In the 13 linked stories of From the Midway, Leaf Seligman creates a world apart: the tragic, broken-down world of a second-rate traveling carnival in early 20th-century America. Beasleys’ Traveling Amusements out of Memphis, Tennessee, features the usual rides and attractions, plus scantily clad dancing girls and an array of human and animal “oddities,” the term its founder prefers over “freaks.”
Secure in their belief that “nothing improved the customers’ disposition better than viewing creatures more tortured or ugly than themselves,” the elder Beasley and his sons travel the back roads in search of their next act, explaining “how God had a reason for making the unfortunate souls whose bodies kept them housed in a temple of difference. The lame, the deformed, the unbearably fat. Even those born healthy but later rendered unrecognizable through some hideous accident. They all had a purpose.”
The Beasleys’ roster includes the obligatory giant, fat lady, little person, and bearded lady, along with more unusual acts. With few exceptions, the story of each performer’s condition and introduction to the carnival life is excruciating — many having been cheerfully surrendered or even sold by their own families. Seligman creates vivid character studies that linger long after the story ends.

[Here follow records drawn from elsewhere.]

-- ===== src/Engine/Final.antt =====
-- A request that is resolved stays as it is.
use mathlib.Core.Option
use nodus_hitl_hub.Base.{
  Bool-cases, String, ap, arith, eq_iff, false, inl, inr, map, refl, some, subst, sym, ◌==◌, ◌∙◌,
  ◌≡◌, ◌≢◌,
}
use nodus_hitl_hub.Engine.Decided.{get_event-row}
use nodus_hitl_hub.Engine.Defs.{HitlEngine, approve, reject, request}
use nodus_hitl_hub.Engine.Growth.{ValidatorsKeep, request-KeepsReads}
use nodus_hitl_hub.Engine.Kept.{IsTame, Keeps}
use nodus_hitl_hub.Engine.Race.{HooksKeep, on_approved-hitl, on_rejected-hitl}
use nodus_hitl_hub.Engine.Reads.{get_event-hitl, get_event_of}
use nodus_hitl_hub.Engine.Resolve.{
  Outcome, approve-Outcome, approved_payload, done, failed, missing, refused, reject-Outcome,
  rejected_payload, resolved, unwritten,
}
use nodus_hitl_hub.Host.{Host}
use nodus_hitl_hub.Json.{Fields, Value}
use nodus_hitl_hub.Lifecycle.Defs.{Hook, on_approved, on_rejected}
use nodus_hitl_hub.Models.Event.{HitlEvent}
use nodus_hitl_hub.Models.Hitl.{HitlRequest, HitlResponse, HitlStatus, approved, pending, rejected}
use nodus_hitl_hub.Repository.{expire_row, expire_stale, get_event, optional_event}
use nodus_hitl_hub.Repository.Expiry.{find_row-expired}
use nodus_hitl_hub.Repository.Rows.{row_to_event, row_to_event-Loads}
use nodus_hitl_hub.Repository.Updates.{get_event-update_status_ne}
use nodus_hitl_hub.World.{HitlRow, World}
use nodus_hitl_hub.World.Exec.{Done, Exec, Result, and_then, ok}

-- One operation of the engine, an expiry, or what leaves the requests alone, as the passing of time
-- does. The operations run one at a time.
pub data Step (host : Host) (engine : HitlEngine) : World → World → Type 0 where
  approves :
      {w : World} (id : String) (response : Value)
      → Step host engine w (approve host engine id response w).1
  rejects :
      {w : World} (id : String) (reason : Value)
      → Step host engine w (reject host engine id reason w).1
  requests : {w : World} (req : HitlRequest) → Step host engine w (request host engine req w).1
  expires_stale : {w : World} → Step host engine w (expire_stale w).1
  leaves : {w v : World} → v.hitl ≡ w.hitl → Step host engine w v

pub data Steps (host : Host) (engine : HitlEngine) : World → World → Type 0 where
  stay : {w : World} → Steps host engine w w
  step : {u v w : World} → Step host engine u v → Steps host engine v w → Steps host engine u w

-- The hooks of an engine leave the requests alone at a resolution.
pub record HasTameHooks (engine : HitlEngine) : Type 0 where
  pub at_approval : HooksKeep (λ (h : Hook). h.on_approved) engine.hooks
  pub at_rejection : HooksKeep (λ (h : Hook). h.on_rejected) engine.hooks

module _ (host : Host) (id j : String) (status : HitlStatus) (merge : Fields → Fields)
    (hooks : HitlEvent → Exec Done) (w : World) (e : HitlEvent)
    (final : (get_event host id w).0 ≡ ok (some e)) (closed : e.status ≢ pending)
    (keep : (f : HitlEvent) → Keeps (hooks f)) where
  -- A resolution of any request leaves a resolved one as it is.
  Outcome-final :
      (result : Result HitlResponse × World)
      → Outcome status merge hooks j w (get_event host j w).0 result
      → (get_event host id result.1).0 ≡ ok (some e)
  Outcome-final result (failed x r q) = rw q final
  Outcome-final result (missing r q) = rw q final
  Outcome-final result (refused f r n q) = rw q final
  Outcome-final result (unwritten f r p bad q) = rw q final
  Outcome-final result (done f r p good q) = elim (Bool-cases (j == id)) [
    | inl same ↦
        let read : (get_event host id w).0 ≡ ok (some f) =
          subst (λ i. (get_event host i w).0 ≡ ok (some f)) ((eq_iff j id).0 same) r in
        let event : f ≡ e = ground (arith, read, final) in
        elim (closed (ap (λ (x : HitlEvent). x.status) (sym event) ∙ p)) [ ]
    | inr other ↦
        let apart : j ≢ id = λ i. ground (arith, eq_iff j id, i, other) in
        ap (λ (y : Result HitlResponse × World). (get_event host id y.1).0) q
        ∙ get_event_of host id _ _ (keep (resolved status (merge f.payload) f) _)
        ∙ get_event-update_status_ne host j id status (some (merge f.payload)) w apart
        ∙ final
  ]

-- A row that loads as a resolved event is not pending.
loaded_status :
    (host : Host) (r : HitlRow) (e : HitlEvent)
    → row_to_event host r ≡ ok e
    → e.status ≢ pending
    → (r.status == "pending") ≡ false
loaded_status host r e loads closed = elim (Bool-cases (r.status == "pending")) [
  | inr n ↦ n
  | inl y ↦
      let l = row_to_event-Loads host r e loads in
      let waits : ok pending ≡ ok l.status =
        rw ((eq_iff r.status "pending").0 y) at l.status_loads in
      let status : l.status ≡ pending = ground (arith, waits) in
      elim (closed (sym (ap (λ (x : HitlEvent). x.status) l.event) ∙ status)) [ ]
]

pub expire_stale-hitl : (w : World) → (expire_stale w).1.hitl ≡ map (expire_row w.now) w.hitl
unfolding expire_stale
expire_stale-hitl w = refl

expire_stale-final :
    (host : Host) (id : String) (w : World) (e : HitlEvent)
    → (get_event host id w).0 ≡ ok (some e)
    → e.status ≢ pending
    → (get_event host id (expire_stale w).1).0 ≡ ok (some e)
unfolding optional_event
expire_stale-final host id w e final closed =
    let (r, found, loads) = get_event-row host id w e final in
    let kept : expire_row w.now r ≡ r = ground (arith, loaded_status host r e loads closed) in
    get_event-hitl host id _ _ (expire_stale-hitl w)
    ∙ ap (optional_event host)
        (find_row-expired id w.now w.hitl ∙ ap (Option.map (expire_row w.now)) found ∙ ap some kept)
    ∙ ap (λ x. and_then x (λ f. ok (some f))) loads

-- An engine leaves the requests alone beside its own writes.
pub record IsQuiet (engine : HitlEngine) : Type 0 where
  pub validating : ValidatorsKeep engine
  pub creating : IsTame engine
  pub resolving : HasTameHooks engine

module _ (host : Host) (engine : HitlEngine) (quiet : IsQuiet engine) (id : String) (e : HitlEvent)
    (closed : e.status ≢ pending) where
  Step-final :
      {w v : World}
      → Step host engine w v
      → (get_event host id w).0 ≡ ok (some e)
      → (get_event host id v).0 ≡ ok (some e)
  Step-final {w = w} (approves j response) final =
      Outcome-final host id j approved (approved_payload response) (on_approved engine.hooks) w e
        final closed (λ f u. on_approved-hitl engine.hooks f u quiet.resolving.at_approval) _
        (approve-Outcome host engine j response w)
  Step-final {w = w} (rejects j reason) final =
      Outcome-final host id j rejected (rejected_payload reason) (on_rejected engine.hooks) w e
        final closed (λ f u. on_rejected-hitl engine.hooks f u quiet.resolving.at_rejection) _
        (reject-Outcome host engine j reason w)
  Step-final {w = w} (requests req) final =
      request-KeepsReads host engine quiet.creating quiet.validating req w id e final
  Step-final {w = w} expires_stale final = expire_stale-final host id w e final closed
  Step-final {w = w} {v = v} (leaves same) final = get_event_of host id v w same ∙ final

  -- For an engine whose validators, plugins and relay client leave the requests alone, whatever
  -- requests, approvals, rejections and expiries follow, one after the other, and whatever happens
  -- between them that leaves the requests alone, a request that is read with any status but pending
  -- is read the same ever after.
  pub Steps-final :
      {w v : World}
      → Steps host engine w v
      → (get_event host id w).0 ≡ ok (some e)
      → (get_event host id v).0 ≡ ok (some e)
  Steps-final stay final = final
  Steps-final (step s rest) final = Steps-final rest (Step-final s final)
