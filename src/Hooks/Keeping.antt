-- ===== src/Hooks/Keeping.antt =====
-- The hub's own hooks leave the requests alone, as the engine relies on.
use nodus_hitl_hub.Base.{
  Bool, Bool-cases, Option, Option-cases, String, [], concat, false, inl, inr, is_full, none, refl,
  some, true, ◌∷◌,
}
use nodus_hitl_hub.Engine.Kept.{Keeps}
use nodus_hitl_hub.Engine.Race.{HooksKeep}
use nodus_hitl_hub.Hooks.Defs.{
  audit_hook, cache_hook, conflict_body, conflict_url, hub_hooks, invalidate_inbox, modelbook_hook,
  resolve_conflict,
}
use nodus_hitl_hub.Host.{Host}
use nodus_hitl_hub.Json.{Value}
use nodus_hitl_hub.Lifecycle.Defs.{Hook}
use nodus_hitl_hub.Models.Event.{HitlEvent}
use nodus_hitl_hub.World.Exec.{Done, Exec}

-- The cache leaves the requests alone.
abbrev pub CacheKeeps : Option (String → Exec Done) → Type 0
CacheKeeps none = Unit
CacheKeeps (some delete) = (key : String) → Keeps (delete key)

-- The HTTP client leaves the requests alone.
abbrev pub PostKeeps : (String → Value → Exec Done) → Type 0
PostKeeps post = (url : String) (body : Value) → Keeps (post url body)

invalidate_inbox-Keeps :
    (redis : Option (String → Exec Done)) (u : String)
    → CacheKeeps redis
    → Keeps (invalidate_inbox redis u)
unfolding invalidate_inbox
invalidate_inbox-Keeps none u k w = refl
invalidate_inbox-Keeps (some delete) u k w = elim (Bool-cases (is_full u)) [
  | inl full ↦ rw full (k (concat ("inbox:" ∷ u ∷ [])) w)
  | inr blank ↦ rw blank refl
]

resolve_conflict-Keeps :
    (post : String → Value → Exec Done) (variable : String) (e : HitlEvent) (verdict : Bool)
    → PostKeeps post
    → Keeps (resolve_conflict post variable e verdict)
unfolding resolve_conflict
resolve_conflict-Keeps post variable e verdict k w = elim (Option-cases (conflict_url variable e)) [
  | inl p ↦ rw (p, resolve_conflict) refl
  | inr (url, p) ↦ rw (p, resolve_conflict) (k url (conflict_body e verdict) w)
]

-- Where the cache and the HTTP client leave the requests alone, the four hooks that the hub
-- discovers do so when a request is created, approved or rejected.
pub hub_hooks-keep :
    (host : Host) (redis : Option (String → Exec Done)) (post : String → Value → Exec Done)
    (variable : String)
    → CacheKeeps redis
    → PostKeeps post
    → HooksKeep (λ (h : Hook). h.on_created) (hub_hooks host redis post variable)
      × HooksKeep (λ (h : Hook). h.on_approved) (hub_hooks host redis post variable)
      × HooksKeep (λ (h : Hook). h.on_rejected) (hub_hooks host redis post variable)
unfolding audit_hook cache_hook modelbook_hook
hub_hooks-keep host redis post variable c p = (
  (λ e w. refl, (λ e. invalidate_inbox-Keeps redis e.user_id c, (λ e w. refl, (λ e w. refl, tt)))),
  (
    λ e w. refl,
    (
      λ e. invalidate_inbox-Keeps redis e.user_id c,
      (λ e w. refl, (λ e. resolve_conflict-Keeps post variable e true p, tt)),
    ),
  ),
  (
    λ e w. refl,
    (
      λ e. invalidate_inbox-Keeps redis e.user_id c,
      (λ e w. refl, (λ e. resolve_conflict-Keeps post variable e false p, tt)),
    ),
  ),
)
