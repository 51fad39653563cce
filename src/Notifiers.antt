-- ===== src/Notifiers.antt =====
-- plugins/notifications: sse.py and nostr.py. Each builds an event, logs a line and sends nothing. A
-- time is shown with its offset or without, by how the event came to be; `show_time` is the one or the
-- other.
use nodus_hitl_hub.Base.{
  Bool, Bool-cases, List, Option, String, [], arith, eq_iff, eq_refl, false, if◌then◌else◌, inl,
  inr, is_full, is_given, is_one_of, none, not, or_text, refl, select, some, true, ℕ, ◌++◌, ◌==◌,
  ◌||◌, ◌∷◌, ◌≡◌,
}
use nodus_hitl_hub.Base.Int.{pos, ℤ}
use nodus_hitl_hub.Json.{
  Fields, Items, Value, arr, bool, cons, end, field, int, nil, null, obj, opt_str, str,
}
use nodus_hitl_hub.Json.Print.{dumps}
use nodus_hitl_hub.Lifecycle.Defs.{NotificationPlugin}
use nodus_hitl_hub.Models.Event.{HitlEvent}
use nodus_hitl_hub.World.Exec.{pure}

-- `SSENotify._queues`, the users in the order of their registration. Nothing is ever put into a queue.
abbrev pub Queues : Type 0
Queues = List String

-- `user_id in self._queues`
abbrev pub is_registered : String → Queues → Bool
is_registered user_id queues = is_one_of user_id queues

-- `register_user`, and `get_queue`, which gives the empty queue
unfoldable pub register_user : String → Queues → Queues
register_user user_id queues =
    if is_registered user_id queues then queues else queues ++ user_id ∷ []

unfoldable pub unregister_user : String → Queues → Queues
unregister_user user_id queues = select (λ u. not (u == user_id)) queues

unfoldable pub get_queue : String → Queues → Items × Queues
unfolding register_user
get_queue user_id queues = (nil, register_user user_id queues)

module _ (show_time : ℕ → String) where
  -- The event of `SSENotify.notify`, `none` where the user is not registered.
  unfoldable pub sse_event : Queues → HitlEvent → Option Fields
  sse_event queues event =
      if not (is_full event.user_id) || not (is_registered event.user_id queues)
      then none
      else some (
          field "event_id" (str event.event_id) (
            field "event_type" (str "confirmation_required") (
              field "action_type" (opt_str event.action) (
                field "action_description" (opt_str event.hint) (
                  field "action_data" (obj event.payload) (
                    field "status" (str "pending") (
                      field "expires_at"
                        (elim event.expires_at [ none ↦ null | some t ↦ str (show_time t) ])
                        (field "created_at" (str (show_time event.created_at)) end))))))))

-- `json.dumps` of the content of `NostrNotify.notify`
unfoldable pub notice_content : HitlEvent → String
unfolding dumps
notice_content event = dumps true (
    obj (
      field "_hitl_required" (bool true) (
        field "action" (opt_str event.action) (
          field "action_description" (opt_str event.hint) (
            field "action_data" (obj event.payload) (
              field "message_to_user" (opt_str event.hint)
                (field "agent" (str "hitl-hub") end)))))))

-- A tag of a key and an optional text.
abbrev pub tag : String → Option String → Value
tag key text = arr (cons (str key) (cons (str (or_text text "")) nil))

unfoldable pub notice_tags : HitlEvent → Items
notice_tags event = cons (tag "p" event.owner_pubkey) (
    cons (tag "session" event.session_id)
      (cons (tag "hint" event.hint) (cons (tag "action" event.action) nil)))

module _ (timestamp : ℕ → ℤ) where
  -- The event of `NostrNotify.notify`, `none` without a relay. `timestamp` is
  -- `int(time.timestamp())`, which depends on the time zone of the process for a time without offset.
  unfoldable pub notice : Option String → HitlEvent → Option Fields
  unfolding notice_content notice_tags
  notice relay_url event =
      if is_given relay_url
      then some (
          field "kind" (int (pos 10003)) (
            field "content" (str (notice_content event)) (
              field "tags" (arr (notice_tags event))
                (field "created_at" (int (timestamp event.created_at)) end))))
      else none

-- The plugins that the dispatcher discovers, in the order of their modules.
abbrev pub hub_notifiers : List NotificationPlugin
hub_notifiers =
    record { name = "NostrNotify"; notify = λ event. pure tt }
    ∷ record { name = "SSENotify"; notify = λ event. pure tt }
    ∷ []

-- A registered user is served, and no more once unregistered, whatever happened before.
pub register-unregister :
    (user_id : String) (queues : Queues)
    → (is_registered user_id (register_user user_id queues) ≡ true)
      × (is_registered user_id (unregister_user user_id queues) ≡ false)
unfolding register_user unregister_user
register-unregister user_id queues = (registered queues, unregistered queues)
  where
    appended : (qs : Queues) → is_registered user_id (qs ++ user_id ∷ []) ≡ true
    appended [] = ground (arith, eq_refl user_id)
    appended (q ∷ qs) = ground (arith, appended qs)

    registered :
        (qs : Queues)
        → is_registered user_id (if is_registered user_id qs then qs else qs ++ user_id ∷ []) ≡ true
    registered qs = elim (Bool-cases (is_registered user_id qs)) [
      | inl there ↦ rw there there
      | inr not_there ↦ rw not_there (appended qs)
    ]

    unregistered :
        (qs : Queues) → is_registered user_id (select (λ u. not (u == user_id)) qs) ≡ false
    unregistered [] = refl
    unregistered (q ∷ qs) = ground (arith, eq_iff q user_id, eq_iff user_id q, unregistered qs)
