-- ===== src/Validators/Plugins.antt =====
-- plugins/validators/: the validators that the hub ships.
use nodus_hitl_hub.Base.{
  Bool, List, String, [], concat, false, if◌then◌else◌, is_full, is_one_of, join, not, true, ◌++◌,
  ◌==◌, ◌∷◌,
}
use nodus_hitl_hub.Json.{Fields, Value, contains, get, get_or, is_dict, is_str_in, obj, str, truthy}
use nodus_hitl_hub.Validators.Defs.{Validator}
use nodus_hitl_hub.World.Exec.{pure}

-- `if not passed: errors.append(error)`
abbrev pub unless : Bool → String → List String
unless passed message = if passed then [] else message ∷ []

-- calendar.py
abbrev pub calendar_actions : List String
calendar_actions = "create_calendar_event" ∷ "update_calendar_event" ∷ "delete_calendar_event" ∷ []

unfoldable pub validate_calendar : String → Fields → List String
validate_calendar action payload =
    (if is_one_of action ("create_calendar_event" ∷ "update_calendar_event" ∷ [])
      then unless (truthy (get "title" payload)) "title is required for calendar events"
      else [])
    ++ (if action == "create_calendar_event"
        then unless (truthy (get "start" payload))
            "start date is required for create_calendar_event"
        else [])

abbrev pub calendar_validator : Validator
calendar_validator = record {
  name = "CalendarValidator";
  is_fallback = false;
  accepts = λ action. is_one_of action calendar_actions;
  validate = λ action payload. pure (validate_calendar action payload);
}

-- default.py; the payload of a request is always a dict.
unfoldable pub validate_default : String → Fields → List String
validate_default action payload =
    unless (is_full action) "action_type is required"
    ++ unless (is_dict (obj payload)) "payload must be a JSON object"

abbrev pub default_validator : Validator
default_validator = record {
  name = "DefaultValidator";
  is_fallback = true;
  accepts = λ action. true;
  validate = λ action payload. pure (validate_default action payload);
}

-- email.py
unfoldable pub validate_email : String → Fields → List String
validate_email action payload =
    unless (truthy (get "to" payload)) "to (recipient) is required for send_email"
    ++ unless (truthy (get "subject" payload)) "subject is required for send_email"

abbrev pub email_validator : Validator
email_validator = record {
  name = "EmailValidator";
  is_fallback = false;
  accepts = λ action. action == "send_email";
  validate = λ action payload. pure (validate_email action payload);
}

-- modelbook_conflict.py
unfoldable pub validate_modelbook_conflict : String → Fields → List String
validate_modelbook_conflict action payload =
    unless (truthy (get "proposal_id" payload)) "proposal_id is required for modelbook_conflict"
    ++ unless (truthy (get "tenant_id" payload)) "tenant_id is required for modelbook_conflict"
    ++ unless (truthy (get "region_id" payload)) "region_id is required for modelbook_conflict"
    ++ unless (truthy (get "claim_key" payload)) "claim_key is required for modelbook_conflict"
    ++ unless (contains "proposed_value" payload)
        "proposed_value is required for modelbook_conflict"

abbrev pub modelbook_conflict_validator : Validator
modelbook_conflict_validator = record {
  name = "ModelBookConflictValidator";
  is_fallback = false;
  accepts = λ action. action == "modelbook_conflict";
  validate = λ action payload. pure (validate_modelbook_conflict action payload);
}

-- recording.py
abbrev pub recording_types : List String
recording_types = "audio" ∷ "video" ∷ "screen" ∷ []

unfoldable pub validate_recording : String → Fields → List String
validate_recording action payload =
    unless (truthy (get "recording_id" payload)) "recording_id is required for start_recording"
    ++ unless (truthy (get "recorder_url" payload)) "recorder_url is required for start_recording"
    ++ unless (truthy (get "recording_type" payload))
        "recording_type is required (audio, video, or screen)"
    ++ unless (is_str_in (get_or "recording_type" (str "") payload) recording_types)
        "recording_type must be 'audio', 'video', or 'screen'"

abbrev pub recording_validator : Validator
recording_validator = record {
  name = "RecordingValidator";
  is_fallback = false;
  accepts = λ action. action == "start_recording";
  validate = λ action payload. pure (validate_recording action payload);
}

-- sensor_deploy.py
abbrev pub valid_sensors : List String
valid_sensors = "gmail" ∷ "calendar" ∷ "drive" ∷ "twenty" ∷ []

unfoldable pub sensor_errors : Value → List String
sensor_errors sensor =
    if not (truthy sensor)
    then "sensor name is required for deploy_sensor" ∷ []
    else unless (is_str_in sensor valid_sensors)
        (concat ("sensor must be one of: " ∷ join ", " valid_sensors ∷ []))

unfoldable pub validate_sensor_deploy : String → Fields → List String
unfolding sensor_errors
validate_sensor_deploy action payload =
    sensor_errors (get_or "sensor" (str "") payload)
    ++ unless (truthy (get "target_system" payload)) "target_system is required for deploy_sensor"

abbrev pub sensor_deploy_validator : Validator
sensor_deploy_validator = record {
  name = "SensorDeployValidator";
  is_fallback = false;
  accepts = λ action. action == "deploy_sensor";
  validate = λ action payload. pure (validate_sensor_deploy action payload);
}

-- What `_discover` registers: the modules of the package in the order of their names, `base` left
-- out, one validator in each.
abbrev pub discovered : List Validator
discovered =
    calendar_validator ∷ default_validator ∷ email_validator ∷ modelbook_conflict_validator
    ∷ recording_validator ∷ sensor_deploy_validator ∷ []
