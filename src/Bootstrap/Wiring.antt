-- ===== src/Bootstrap/Wiring.antt =====
-- The engine that the process builds: the hub's own plugins around the bridge.
use nodus_hitl_hub.Base.{All, List, Option, String, refl, some}
use nodus_hitl_hub.Bootstrap.{Plugins, assemble}
use nodus_hitl_hub.Bridge.{NostrBridge}
use nodus_hitl_hub.Bridge.Session.{start_resolution_listener}
use nodus_hitl_hub.Channels.Defs.{Post, hub_adapters}
use nodus_hitl_hub.Channels.Keeping.{hub_adapters-leave}
use nodus_hitl_hub.Engine.Final.{IsQuiet}
use nodus_hitl_hub.Engine.Kept.{ClientKeeps, Keeps}
use nodus_hitl_hub.Hooks.Defs.{hub_hooks}
use nodus_hitl_hub.Hooks.Keeping.{CacheKeeps, PostKeeps, hub_hooks-keep}
use nodus_hitl_hub.Host.{Host}
use nodus_hitl_hub.Json.{Fields, Value}
use nodus_hitl_hub.Notifiers.{hub_notifiers}
use nodus_hitl_hub.Notify.Keeping.{AdaptersLeave}
use nodus_hitl_hub.Validators.Defs.{Validator}
use nodus_hitl_hub.Validators.Plugins.{discovered}
use nodus_hitl_hub.World.Exec.{Done, Exec}

-- What the discovery finds.
abbrev pub hub_plugins :
    Host
    → Option (String → Exec Done)
    → (String → Value → Exec Done)
    → String
    → Post
    → (String → Option String)
    → Plugins
hub_plugins host redis post variable push getenv = record {
  validators = discovered;
  hooks = hub_hooks host redis post variable;
  notifiers = hub_notifiers;
  adapters = hub_adapters push getenv;
}

-- The validators of the hub look at the request alone.
pub discovered-Keeps :
    All
      (λ (v : Validator). (action : String) (payload : Fields) → Keeps (v.validate action payload))
      discovered
discovered-Keeps = (
  λ a p w. refl,
  (λ a p w. refl, (λ a p w. refl, (λ a p w. refl, (λ a p w. refl, (λ a p w. refl, tt))))),
)

assemble-IsQuiet :
    (host : Host) (redis : Option (String → Exec Done)) (post : String → Value → Exec Done)
    (variable : String) (push : Post) (getenv : String → Option String) (bridge : NostrBridge)
    → CacheKeeps redis
    → PostKeeps post
    → ClientKeeps (some bridge)
    → IsQuiet (assemble (hub_plugins host redis post variable push getenv) bridge)
unfolding assemble start_resolution_listener
assemble-IsQuiet host redis post variable push getenv bridge c p k =
    let (created, at_approved, at_rejected) = hub_hooks-keep host redis post variable c p in
    record {
      validating = discovered-Keeps;
      creating = record { hooks = created; plugins = (λ e w. refl, (λ e w. refl, tt)); client = k };
      resolving = record { at_approval = at_approved; at_rejection = at_rejected };
    }

-- Where the cache, the HTTP clients and the relay client leave the requests alone, the engine that the
-- process builds does so beside its own writes, and so do its adapters, which is what the theorems on
-- the engine and on the process ask for.
pub hub_plugins-leave :
    (host : Host) (redis : Option (String → Exec Done)) (post : String → Value → Exec Done)
    (variable : String) (push : Post) (getenv : String → Option String) (bridge : NostrBridge)
    → CacheKeeps redis
    → PostKeeps post
    → ((url : String) (headers : List (String × String)) (body : Value)
        → Keeps (push url headers body))
    → ClientKeeps (some bridge)
    → IsQuiet (assemble (hub_plugins host redis post variable push getenv) bridge)
      × AdaptersLeave (λ w. w.hitl) (hub_plugins host redis post variable push getenv).adapters
hub_plugins-leave host redis post variable push getenv bridge c p q k = (
  assemble-IsQuiet host redis post variable push getenv bridge c p k,
  hub_adapters-leave (λ w. w.hitl) push q getenv,
)
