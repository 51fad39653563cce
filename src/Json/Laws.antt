-- ===== src/Json/Laws.antt =====
-- How a write to a dict shows in its reads.
use nodus_hitl_hub.Base.{
  String, ◌≡◌, ◌≢◌, ◌↔◌, refl, true, none, some, arith, eq_iff, eq_refl, ◌==◌, if◌then◌else◌,
}
use nodus_hitl_hub.Json.{Value, Fields, end, field, lookup, get, get_or, set, set_default, contains}

pub lookup-set :
    (key j : String) (v : Value) (d : Fields)
    → lookup j (set key v d) ≡ (if key == j then some v else lookup j d)
lookup-set key j v end = refl
lookup-set key j v (field k w d) =
    ground (arith, eq_iff key j, eq_iff k key, eq_iff k j, lookup-set key j v d)

pub get-set_self : (key : String) (v : Value) (d : Fields) → get key (set key v d) ≡ v
get-set_self key v d = ground (arith, lookup-set key key v d, eq_refl key)

pub get-set_ne : (key j : String) (v : Value) (d : Fields) → key ≢ j → get j (set key v d) ≡ get j d
get-set_ne key j v d h = ground (arith, lookup-set key j v d, eq_iff key j)

-- A key that is there already keeps its value.
pub lookup-set_default :
    (key j : String) (v w : Value) (d : Fields)
    → lookup j d ≡ some w
    → lookup j (set_default key v d) ≡ some w
lookup-set_default key j v w d h = ground (arith, lookup-set key j v d, eq_iff key j)

pub get_or_of_lookup :
    (key : String) (default v : Value) (d : Fields)
    → lookup key d ≡ some v
    → get_or key default d ≡ v
get_or_of_lookup key default v d e = ground arith

pub get-missing :
    (key : String) (default : Value) (d : Fields)
    → lookup key d ≡ none
    → get_or key default d ≡ default
get-missing key default d e = ground arith

pub contains_iff : (key : String) (d : Fields) → (contains key d ≡ true) ↔ (lookup key d ≢ none)
contains_iff key d = ground arith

Particularly heartbreaking is a 6-year-old boy with flipper-like appendages instead of hands and feet. Seligman writes, “Immersed in the water, strapped in his seat, Flipper Boy watched the eyes of the people lined up to see him. His second week in the tank, he watched the face of a boy his age crinkle, the eyes narrowing, the nose flattening, the mouth turning sour as the wail climbed the back of the boy’s throat. The cries pierced the tent like giant scissors, leaving a hole wide enough for both boys to fall through. Flipper looked at the boy’s mother, hoping she would comfort him or carry him out, but she just stood there saying, ‘Don’t worry, sugar, it won’t happen to you.’”
Seligman, a Nashville native, also shines her piercing light on others whose livelihoods depend on the traveling show. Cheever, one of the black laborers working behind the scenes to keep the carnival running, remembers his escape from the sharecropping life of his family to the alluring world of show business. More than a decade later, “his days [are] no shorter than a field hand’s, his back no straighter than if he’d been walking behind his daddy’s plow.” Likewise, Lisabelle is a dancer who flees an abusive father to join the carnival, only to be groped nightly by strangers for tips. Seligman writes, “Her first night performing, Lisabelle could scarcely believe what came out of the customers’ mouths. … Even her father had not spoken as crudely as some of them. The words left welts.”
All of the characters are, in some sense, treated as objects and subject to exploitation, abuse, homesickness, boredom, and despair. Lisabelle’s loneliness and curiosity draw her to the oddities, but Cheever’s anger about his own second-class status sets him apart. In a dispute with the bearded lady, he rages against the racism of the carnival’s white patrons even as he expresses disdain for her and the other sideshow performers: “She shut the door before he said, ‘I ain’t no freak.’ She knew it was coming. It was the rung of the ladder every normal person climbed onto, thinking it kept them high, dry, and out of harm.”
Beyond the greedy owners, heartless families, and gawking crowds are other obstacles, including the isolation of constant travel and the relentless loneliness of those for whom a “normal” life is forever out of reach. From the Midway is a beautifully written and deeply affecting meditation on the barriers — both physical and psychological — that separate us from one another and from our own deepest longings.
Tina Chambers has worked as a technical editor at an engineering firm and as an editorial assistant at Peachtree Publishers, where she worked on books by Erskine Caldwell, Will Campbell, and Ferrol Sams, to name a few. She lives in Chattanooga.